12 thoughts on “Is There Life After Cheese? The Answer Is No

  1. Honestly, fake cheese really is crap. I went vegan about a year ago, and I really dislike most of the faux stuff, though I have discovered nutritional yeast, which is fantastic for making a good cheese-like sauce when mixed with almond milk, corn starch, and a few choice seasonings like salt and turmeric. But there’s no substitute for the real thing.

    Perhaps it was a little easy for me because, really, I do love certain cheeses (oh, feta, I still miss you so), but I could easily live with out. It sounds hard (I can’t even tell you how many times people have said they could never do vegan because they could never stop eating cheese), buuuut…forget cheese. There are so many other new things to discover. Sometimes, you just got to let it go.

    It may seem crazy to think of, but I honestly don’t even crave cheese anymore, either. It’s amazing what a year can do. Give it time, embrace it, try to discover something new to love instead that going to be much, much better for you.

    1. Part of what’s hard is that everyone around me will still be eating all the things I can’t have. I live in the small town south. The world revolves around pizza, cheese dip, mac and cheese, cheeseburgers, and casseroles with cheese. My environment isn’t going to change–and I’m not mean enough to expect everybody else to have to accommodate me, but it’s hard not to want to punch them in the face.

      1. Yeah, that can be tricky, which is part of why we really don’t eat out any more, and I always research a menu extensively when I do go out to find what options can be had without dairy or eggs. It’s….a damn good thing I do like salads….

        1. That’s another tricky thing because, again, small town. Menus not available online for local places and everything I know about them already relates only to gluten.

  2. Are you lactose intolerant or are you allergic to dairy? I’m lactose intolerant so I can’t eat any processed or yellow cheeses without feeling the horrible symptoms but most white and hard cheeses, or aged cheese I can tolerate. I always want cheese on all my food even though I know it will hurt. Sometimes the pain is worth it.
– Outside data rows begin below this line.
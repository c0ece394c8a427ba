-- ===== src/LocalObjStore/Get/Tests.antt =====
-- A Get of go/cmd/localobjstore/main.go that fetches an object from another node, at a concrete input.
use babyray.Common.{ℕ, refl, true, false, none, [], ◌∷◌}
use babyray.Common.Text.{ascii}
use babyray.Common.Integers.{pos}
use babyray.Wire.{GetRequest, StoreRequest}
use babyray.ObjTable.Server.{Callback, location_found}
use babyray.LocalObjStore.{ObjStore, copy, store, put}
use babyray.LocalObjStore.Get.{Peers, get_resumed}
use babyray.LocalObjStore.Get.Holds.{Holds, store-Stores}
use babyray.LocalObjStore.Get.Fetching.{reply_over, IsFetched, get_resumed-IsFetched}
use babyray.LocalObjStore.SharedMemory.{create_shared_memory}
use babyray.LocalObjStore.PlainMemory.{Files, plain_memory, plain_memory-IsSystem}

abbrev empty_at : ℕ → ObjStore Files ℕ
empty_at node = record {
  memory = record { bytes_of = λ q. []; last_opened = [] };
  object_sizes = [];
  local_node_id = node;
  avg_bandwidth = 1;
}

abbrev made_eight : StoreRequest
made_eight = record { uid = 8; object_bytes = 6 ∷ 7 ∷ [] }

-- Node 5 has object 8, and node 2 nothing.
abbrev node_five : ObjStore Files ℕ
node_five = (store plain_memory (empty_at 5) made_eight).0

abbrev node_two : ObjStore Files ℕ
node_two = empty_at 2

abbrev to_five : Peers ℕ
to_five = record {
  dial = λ a. none;
  copy_reply = λ a req. reply_over (λ e. 13) (copy plain_memory node_five req).1;
  node_prefix = ascii "node";
  local_object_store = pos 50000;
}

abbrev get_eight : GetRequest
get_eight = record { uid = 8; testing = false; copy = true; cache = true }

abbrev at_five : Callback
at_five = record { client_address = ascii "10.0.0.2:50000"; uid = 8; node_id = 5 }

node_five-Holds : Holds plain_memory plain_memory-IsSystem node_five 8 (6 ∷ 7 ∷ [])
unfolding store put create_shared_memory
node_five-Holds = (store-Stores plain_memory plain_memory-IsSystem (empty_at 5) made_eight).0

get_resumed-IsFetched_example :
    IsFetched plain_memory plain_memory-IsSystem node_two get_eight
      (6 ∷ 7 ∷ [])
      (get_resumed plain_memory node_two to_five get_eight (location_found at_five))
get_resumed-IsFetched_example =
    get_resumed-IsFetched plain_memory plain_memory-IsSystem node_five node_two to_five (λ e. 13)
      get_eight at_five (6 ∷ 7 ∷ []) node_five-Holds refl refl (λ creq. refl)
  3. My most heartfelt sympathies…I can’t imagine living without my beloved cheese. There’s so much I *can’t* eat because of IBS, but cheese is the one thing I still *can*. Eating out is pretty much a no-no for me, though, because my diet is so otherwise restrictive. Then I have to explain what I have, what it is, what it entails…I can’t trust much of anything on restaurant menus. When your arms get tired from cursing the ‘verse, I’ll step in as your pinch curser. 🙂

  4. Sympathies, seriously. I’m so with you on could live without lots of stuff, but cheese is sacred. My husband is lactose intolerant, and lactose pills (Lactaid, Lactose enzyme) let him enjoy milk. Would that work for you? I have actually tried some of the soy cheeses while eating non-soy cheese, and jalapeno seems to be a good mix … though I’m not sure how well it melts. Hope you find a tolerable solution, and all the best until you do.

    1. No, lactose intolerance isn’t an actual allergy. A dairy allergy is generally to casein, so the immune system sees it and flips out with massive histamine dumps. Stuff like Benedryl helps some when I’ve had more than I should (so far can still drink what’s in my morning tea), but not enough to counter the full reaction.